Oh boy, I'm in the same boat as you...sort of. My situation is more or less that the people I need to talk to at the workplace are never friggin there...moving on.

I'll give some tips that I have learned from experience:

1. Most likely, you'll fill out a job application online. When you do, give it one or two days for it to go through the system, and then check in at wherever you applied.

2. Dress for the job. Don't wear super short shorts if you're going to work a job in retail that isn't Abercrombie or Hollister, and don't wear business casual if you're going to check up someplace like McDonald's...they might assume you're over-qualified.

3. Remind the manager that you sent in an application, and if you are able to schedule an interview with them anytime soon.

4. Oh, and make a list of everywhere you apply. If you're like me, and apply to 100 places and can't remember which ones were still hiring or not, it really helps. 

5. In the interview, they'll ask you questions about your lack of job experience. Be honest, and don't lie about jobs you never had, because they can find out...but you can lie about some things...you just have to be smart about it and stick to what you say. Tell them about any sort of stuff you did a lot for a volunteer service for a church or local community or your school, and with that you've learned a lot of skills that can be applied in the workforce.

6. Sometimes, it's good to be knowledgeable of what you're going into, so look up on it. Read what the company wants when you first apply, and write it down, and say that you are those qualities, even though you may not be. Once they hire you, it's not like they're going to fire you just because you aren't as enthusiastic about customer service like you said you were.

7. This is what I almost find to be an almost-guarantee to a job that you almost have: Bother them...but only if you did have the interview, and they tell you that they'll call you or something or other...they won't, for the most part. You have to call them, go in, bother the living daylights out of them until they realize that you _really_ will put in the effort for the job. Of course, don't be annoying about it, be polite and personable. I would recommend going in three times a week at most, and if you're lucky, the friggin manager will be there when their hours say they will be there, instead of never being there....


That's all I can think of for now. I hope it goes well for you!


Oh, I'll add more later about the college thing...but I gotta go.


----------



## Outcode (Nov 28, 2009)

I was just in your shoes a year ago. What I recommend you try to get, is a work-study job on campus somewhere. These kind of jobs lets you do as the name implies, work while letting you have time to study. 
Go to your career service office or wherever and ask about where you can apply for one, then fill out your application. 
They usually say, not to work more hours than you're taking in classes for the year.
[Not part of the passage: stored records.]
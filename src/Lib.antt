-- ===== src/Lib.antt =====
-- The text, path, name, event, tracing, message, URL and address modules of the JavaScript engine's
-- Node library, which stand in jac/js_engine/engine/src/builtins/js. A JavaScript string is a list of UTF-16 code units (numbers),
-- a buffer is a list of bytes, and a thrown error is a value of a result type or `none`.
--
-- * Path models path.js, its POSIX functions: normalize, join (join_paths), resolve, dirname,
--   basename, extname, isAbsolute (is_absolute), relative, parse, format. The array that
--   `_normParts` fills is held as a stack, its last element first. `process.cwd()` is a parameter.
--   Path/Norm and Path/Render hold what a normalised stack is and how it is shown.
-- * Unicode describes code points, UTF-16 units and UTF-8 bytes independently of any module.
-- * TextCodec models `_utf8EncodeString` and `_utf8DecodeBytes` of text_codec.js, and TextCodec/Classes
--   its TextEncoder and TextDecoder, whose native hooks are arguments.
-- * Slices models the functions of string_decoder.js that decode a whole slice, StringDecoder the
--   decoder with its state between two chunks: `_buf` is buf, `_needed` is needed, `_charLen` is
--   char_len. Boundary, Trailing, Fill and Stream lead to the theorem of Session.
-- * Punycode models punycode.js: encode, decode, ucs2 (ucs2_encode, ucs2_decode), and
--   Punycode/Domains toASCII (to_ascii) and toUnicode (to_unicode).
-- * Querystring models escape and unescape of querystring.js with the language's
--   decodeURIComponent, Querystring/Objects its parse and stringify.
-- * Events models EventEmitter of events.js: the object `_events` is a list of names and addresses of
--   arrays, so that `emit`, which holds an array while listeners run, sees what they do to it.
--   Events/Emit has the operations that call listeners; a listener is an argument of the model, any
--   function from the emitter to the emitter and an error thrown. `on`, `once` and the two that
--   prepend are add_listener, removeAllListeners is remove_all and remove_every.
-- * EventTarget models Event and EventTarget of event_target.js in the same way.
-- * Diagnostics models diagnostics_channel.js: the registry `_channels` and the channels at their
--   addresses; Diagnostics/Tracing and Diagnostics/Callbacks the class TracingChannel. Subscribers and
--   traced functions are arguments of the model, functions of the whole state. A context may be frozen, and
--   then the assignment to it throws.
-- * Http models http_core.js: lines, Http/Headers the object of the header fields, Http/Heads the heads of
--   requests and responses, Http/Chunked and Http/Bodies the bodies, Http/Validators and Http/Routes the
--   rest; what `new URL` makes of the location of a redirect is an argument.
--   Http/Outgoing has the heads that http.js writes, Http/Chunked the chunks that it writes.
-- * Net models the addresses of net.js, Net/BlockList its class BlockList, whose `_rules` are a list.
-- * SearchParams models the class URLSearchParams of url.js, with `_search` of the URL that it belongs to.
--   Its percent-decoder is the text of `unescape` in querystring.js, so that the model uses that one.
-- * Urls models `_normalizePath`, `_percentDecodePath` and `fileURLToPath` of url.js, whose percent-encoded
--   byte is what `octet` of Querystring reads.
-- * FetchHeaders models the class Headers of fetch.js, with the loops of SearchParams.
-- * Numerals describes how the language writes and reads numbers as text.
-- * Prelude holds the names that they share, Tests the runs at concrete inputs.
--
-- A loop over a string or an array is a recursion over a list, where the index is what is left of
-- it; a round that takes several elements says how many the next rounds skip. Four loops of
-- punycode.js consume no list and take fuel: `_adapt` its first delta, the outer loop of decode the
-- length of the input, the outer loop of encode the number of code points, the digits of a number
-- the number plus one. `_adapt` returns what it has when the fuel is out, and Punycode/Fuel shows that its
-- loop has ended by its test then; for the others running out is an error of its own, and the theorems on
-- termination show that it does not happen.
--
-- Numbers are natural numbers: where the source subtracts, the text says why the
-- difference is not negative or what a negative one does, and no sum leaves the integers
-- that a double holds exactly, but for a chunk size far below zero, which decode_loop tells apart.
--
-- `emit` takes fuel for how deep the errors of listeners on "error" are emitted again, and the loop of
-- removeAllListeners for its rounds: listeners may make both endless in the source, and the theorems
-- are about calls where one unit of fuel or none is used.
--
-- The loops of `splitHeaderLines` and `decodeChunkedSection` take the length of their text as fuel. The
-- first goes on by 2 units at least in each round. The second may go back where a size is negative,
-- and then need not end; where there is no minus sign the fuel is enough. Running out of it is a result
-- of its own.
--
-- The outer loop of the `sort` of URLSearchParams takes the length of its list as fuel, of which each
-- round uses one for the one place that it fills.
--
-- `to_lower_case` is exact for the letters of Latin-1 and leaves all others as they are, so that text whose
-- other letters have a small form is outside of the model.
--
-- Not modelled: arguments of a type other than the documented one, promises that listeners return,
-- event names that Object.prototype holds, the reading of views into bytes, CustomEvent,
-- separators of more than one code unit and the key `__proto__` of querystring.js, what http_core.js
-- does with the class URL, numbers with an exponent as octets of an address,
-- the value of a `Content-Length` with a fraction or an exponent (a result of its own), `fromJSON` of BlockList,
-- sockets, the class URL, the legacy parser and the iterators of URLSearchParams, and the
-- modules of the directory that wrap native services.
pub mod Prelude
pub mod Unicode
pub mod Path
pub mod TextCodec
pub mod Slices
pub mod StringDecoder
pub mod Punycode
pub mod Querystring
pub mod Events
pub mod Diagnostics
pub mod Numerals
pub mod Http
pub mod Net
pub mod SearchParams
pub mod Urls
pub mod FetchHeaders
pub mod Tests
pub mod EventTarget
So basically, if you're taking 16 hours, don't work more than that. If you land a work-study job though, you won't have to worry about that too much. 

The job I have now is a work-study job. I work at the front desk in several of the dorms on my campus and check people in. It's quite easy, I get to meet a lot of people, I get to do homework, and best of all I get paid. I got the job after meeting a friend of mine who's a year ahead of me, he happened to work with the head of my section and recommended me when a position opened up. 

So a good tip overall is to: meet a lot of people and branch out your connections. 

Hope I was somewhat helpful, good luck on getting a job!


----------



## Bast (Mar 23, 2011)

Thank you both for the advice and tips


----------



## Erudis (Jan 23, 2011)

Outcode said:


> What I recommend you try to get, is a work-study job on campus somewhere. These kind of jobs lets you do as the name implies, work while letting you have time to study.


I would recommend either that or a paid internship, specially if you already know what career you want to pursue.

I'm not familiar with the concept of full-time college, but the number of hours a week for a job + college shouldn't be more than 40, since that's the number of hours from a full-time job.


----------



## LiquidCool (Feb 26, 2011)

Erudis said:


> I would recommend either that or a paid internship, specially if you already know what career you want to pursue.
> 
> I'm not familiar with the concept of full-time college, but the number of hours a week for a job + college shouldn't be more than 40, since that's the number of hours from a full-time job.


That's wishful thinking.

"Full-time student" usually means a minimum of 12 credit hours and typically 15 or 16 credit hours in order to graduate in 4 years. Schools also usually expect students to spend 2 or 3 hours outside of class per hour in class. That means a "full-time student" is expected to spend 36 hours per week, at a minimum, on schoolwork.

@Bast:

Depending on your situation, you are probably looking at ~10 hrs per week in Fall. A lot of it depends on how you want to spend your time and how you want to spend your weekends. That's my guess, anyways.


----------



## Erudis (Jan 23, 2011)

DvlHk said:


> That's wishful thinking.
> 
> "Full-time student" usually means a minimum of 12 credit hours and typically 15 or 16 credit hours in order to graduate in 4 years. Schools also usually expect students to spend 2 or 3 hours outside of class per hour in class. That means a "full-time student" is expected to spend 36 hours per week, at a minimum, on schoolwork.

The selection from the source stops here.